Strained Relations

Strained Relations: Help for Struggling Parents of Troubled Teens

Made it through Mother’s Day: how’d you do?

Posted by Marcia on May 19, 2011

I thought I should write an update following my last post about Mother’s Day.

Much to my relief, it wasn’t too bad this year.

We spent the day with my wonderful mother-in-law. It was great spending the day with her.

Did I miss my mom on that day? Absolutely, but my world doesn’t revolve around sorrow – there are some trigger points for me to think about loss. It’s appropriate to think about people we’ve lost, especially on special days.

And then there’s my son. Still not talking and I really miss him especially on Mother’s Day, but I’m not devastated as I was in years past. My feelings float in and out of resignation, anger, calm, hurt and so on.

Overall, I am stronger this year. Someone asked me about coping with a severed family relationship, and I think it’s like with death in that it takes time to learn to cope and adjust to a “new normal” as they say.

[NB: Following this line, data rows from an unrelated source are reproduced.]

-- ===== src/Execution/Overtaken.antt =====
-- A snapshot that is installed while the executor holds a batch that it has fetched before.
use raft_distributed_consens.Execution.{apply_entries}
use raft_distributed_consens.Execution.Accounts.{Represents}
use raft_distributed_consens.Execution.Batch.{
  ledger_step, ledger_run, AllSafe, apply_entry_refines, apply_entries_refines,
}
use raft_distributed_consens.Execution.Ledger.{Ledger}
use raft_distributed_consens.External.{External}
use raft_distributed_consens.Messages.{LogEntry, InstallSnapshotArgs}
use raft_distributed_consens.Node.{Node}
use raft_distributed_consens.Replication.LogShape.{Consecutive}
use raft_distributed_consens.Transfer.{handle_install_snapshot}
use raft_distributed_consens.Transfer.Installation.{install_snapshot_effect}
use raft_distributed_consens.Prelude.{
  ℕ, ◌+◌, ◌≤◌, ◌<◌, List, ◌∷◌, some, length, ◌≡◌, arith, subst, sym, ◌∙◌, ap,
}

module _ {Db : Type 0} ⦃env : External Db⦄ where
  -- If the executor has fetched a batch and a snapshot that has the batch's effect, and ends at or
  -- behind its last entry, is installed before it goes on, then the batch is applied a second time,
  -- on the accounts of the snapshot, and the applied index goes back to the end of the batch.
  pub batch_applied_twice :
      (n : Node Db) (args : InstallSnapshotArgs) (now : ℕ) (b : Ledger) (e : LogEntry)
      (es : List LogEntry)
      → n.current_term ≤ args.term
      → n.last_applied < args.last_included_index
      → Consecutive n.last_applied (e ∷ es)
      → n.last_applied + length (e ∷ es) ≤ args.last_included_index
      → Represents (handle_install_snapshot n args now).0.storage (ledger_run b (e ∷ es))
      → AllSafe (ledger_run b (e ∷ es)) (e ∷ es)
      → let n' = (handle_install_snapshot n args now).0 in
        (n'.last_applied ≡ args.last_included_index)
        × ((n'' : Node Db) × (apply_entries n' (e ∷ es) ≡ some n'')
            × Represents n''.storage (ledger_run (ledger_run b (e ∷ es)) (e ∷ es))
            × (n''.last_applied ≡ n.last_applied + length (e ∷ es)))
  unfolding apply_entries
  batch_applied_twice n args now b e es young behind (next, follows) covered r
        (safe, bound, later) =
      let installed = install_snapshot_effect n args now young behind in
      let n' : Node Db = (handle_install_snapshot n args now).0 in
      let twice = ledger_run b (e ∷ es) in
      let (n1, o, run, r1, resumes, applied) = apply_entry_refines n' twice e r safe bound in
      let (n2, run', r2, resumes', applied') =
        apply_entries_refines es n1 (ledger_step twice e.command.type e.command) r1 later
          (subst (λ i. Consecutive i es) (sym (applied ∙ next)) follows)
          (resumes ∙ ap some (sym applied)) in
      (installed.2, (n2, rw run run', r2, omega (arith, applied', applied, next)))
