-- ===== src/Storage/Snapshot/Lines.antt =====
-- The text of a snapshot: the loop that reads it ends, and lines come back as they were written.
use raft_distributed_consens.Prelude.{
  ◌⊎◌, ℕ, zero, suc, ◌≤◌, ◌<◌, List, [], ◌∷◌, ◌++◌, none, some, false, Bytes, All, ◌==◌, length,
  length-append, ◌≡◌, refl, sym, ap, ◌∙◌, arith, inl, inr,
}
use mathlib.Core.List.{append_assoc, append-nil}
use raft_distributed_consens.Storage.Snapshot.{
  newline, render, read_line, getline, parse_pairs, parse_snapshot,
}

abbrev pub NoNewline : Bytes → Type 0
NoNewline l = All (λ c. (c == newline) ≡ false) l

-- Keys and values that hold no line end.
abbrev pub Clean : List (Bytes × Bytes) → Type 0
Clean kvs = All (λ kv. NoNewline kv.0 × NoNewline kv.1) kvs

read_line-length : (s : Bytes) → length (read_line s).1 ≤ length s
unfolding read_line
read_line-length [] = omega arith
read_line-length (c ∷ s) = ground (arith, read_line-length s)

read_line-append : (l s : Bytes) → NoNewline l → read_line (l ++ newline ∷ s) ≡ (l, s)
unfolding read_line
read_line-append [] s h = refl
read_line-append (c ∷ l) s h = rw (h.0, read_line-append l s h.1)

pub getline-append : (l s : Bytes) → NoNewline l → getline (l ++ newline ∷ s) ≡ some (l, s)
unfolding getline
getline-append [] s h = ap some (read_line-append [] s h)
getline-append (c ∷ l) s h = ap some (read_line-append (c ∷ l) s h)

getline-cases :
    (s : Bytes)
    → (getline s ≡ none)
      ⊎ ((l : Bytes) × (r : Bytes) × (getline s ≡ some (l, r)) × (length r < length s))
unfolding getline read_line
getline-cases [] = inl refl
getline-cases (c ∷ s) =
    inr ((read_line (c ∷ s)).0, (read_line (c ∷ s)).1, refl, ground (arith, read_line-length s))

-- More fuel than the text is long changes nothing.
parse_pairs_fuel :
    (f g : ℕ) (s : Bytes) → length s ≤ f → length s ≤ g → parse_pairs f s ≡ parse_pairs g s
unfolding parse_pairs
parse_pairs_fuel zero zero s h k = refl
parse_pairs_fuel zero (suc g) [] h k = unfold getline in refl
parse_pairs_fuel zero (suc g) (c ∷ s) h k = absurd (omega arith)
parse_pairs_fuel (suc f) zero [] h k = unfold getline in refl
parse_pairs_fuel (suc f) zero (c ∷ s) h k = absurd (omega arith)
parse_pairs_fuel (suc f) (suc g) s h k = elim (getline-cases s) [
  | inl e ↦ rw (e, parse_pairs)
  | inr (l, r, e, less) ↦ elim (getline-cases r) [
    | inl e' ↦ rw (e, parse_pairs) (rw e')
    | inr (l', r', e', less') ↦
        rw (e, parse_pairs)
          (rw e' (ap (◌∷◌ (l, l')) (parse_pairs_fuel f g r' (omega arith) (omega arith))))
  ]
]

-- One round of the loop.
parse_pairs-suc :
    (f : ℕ) (key value s : Bytes)
    → NoNewline key
    → NoNewline value
    → parse_pairs (suc f) (key ++ newline ∷ (value ++ newline ∷ s)) ≡ (key, value) ∷ parse_pairs f s
unfolding parse_pairs
parse_pairs-suc f key value s hk hv =
    rw (getline-append key (value ++ newline ∷ s) hk, parse_pairs) (rw (getline-append value s hv))

-- The loop reads a clean key and a clean value, and goes on behind them.
pub parse_snapshot-append :
    (key value s : Bytes)
    → NoNewline key
    → NoNewline value
    → parse_snapshot (key ++ newline ∷ (value ++ newline ∷ s)) ≡ (key, value) ∷ parse_snapshot s
unfolding parse_snapshot
parse_snapshot-append key value s hk hv =
    let text = key ++ newline ∷ (value ++ newline ∷ s) in
    parse_pairs_fuel (length text) (suc (length text)) text (omega arith) (omega arith)
    ∙ parse_pairs-suc (length text) key value s hk hv
    ∙ ap (◌∷◌ (key, value)) (
        parse_pairs_fuel (length text) (length s) s
          (omega (
            arith,
            length-append key (newline ∷ (value ++ newline ∷ s)),
            length-append value (newline ∷ s),
          ))
          (omega arith))

-- Fuel for each byte is enough: the loop without fuel has this equation.
pub parse_snapshot_fuel : (f : ℕ) (s : Bytes) → length s ≤ f → parse_pairs f s ≡ parse_snapshot s
unfolding parse_snapshot
parse_snapshot_fuel f s h = parse_pairs_fuel f (length s) s h (omega arith)

-- Clean entries in front are read as they were written, whatever follows.
pub parse_snapshot-render_append :
    (kvs : List (Bytes × Bytes)) (s : Bytes)
    → Clean kvs
    → parse_snapshot (render kvs ++ s) ≡ kvs ++ parse_snapshot s
unfolding render
parse_snapshot-render_append [] s h = refl
parse_snapshot-render_append ((key, value) ∷ kvs) s h =
    rw (append_assoc, append_assoc)
      (parse_snapshot-append key value (render kvs ++ s) h.0.0 h.0.1
        ∙ ap (◌∷◌ (key, value)) (parse_snapshot-render_append kvs s h.1))

pub render-append : (xs ys : List (Bytes × Bytes)) → render (xs ++ ys) ≡ render xs ++ render ys
unfolding render
render-append [] ys = refl
render-append ((key, value) ∷ xs) ys = rw (render-append xs ys, append_assoc, append_assoc)

-- Clean entries come back.
pub parse_snapshot-render :
    (kvs : List (Bytes × Bytes)) → Clean kvs → parse_snapshot (render kvs) ≡ kvs
parse_snapshot-render kvs h =
    ap parse_snapshot (sym (append-nil (render kvs)))
    ∙ parse_snapshot-render_append kvs [] h
    ∙ (unfold parse_snapshot parse_pairs in append-nil kvs)

-- A value that begins with a line end is lost: its key comes back with the empty value, and the
-- rest of the value is read as further keys and values.
pub parse_snapshot-render-newline :
    (before : List (Bytes × Bytes)) (key value : Bytes) (kvs : List (Bytes × Bytes))
    → Clean before
    → NoNewline key
    → parse_snapshot (render (before ++ (key, newline ∷ value) ∷ kvs))
      ≡ before ++ (key, []) ∷ parse_snapshot (value ++ newline ∷ render kvs)
parse_snapshot-render-newline before key value kvs h hk =
    rw (render-append before ((key, newline ∷ value) ∷ kvs)) (
      parse_snapshot-render_append before _ h
      ∙ ap (◌++◌ before)
          (unfold render in parse_snapshot-append key [] (value ++ newline ∷ render kvs) hk tt))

I’m taking some positive steps and hear my son is doing the same. I started going to a support group to reinforce how not to enable, how to let some things go. I appreciate the group and when I go, I am going in to listen to others without thinking about writing their stories. Whatever I hear there is confidential. I can see that for a few years I’ve written other people’s stories and distanced myself from my feelings. Now it’s time for me to look inward without thinking about what I will write here. I know I’ll find more things to write about and so will my contributors.

If you found this blog or read my post as you were worried about Mother’s Day, tell me how you fared. Was it hard? Easier than it was? What tips can you share to help others?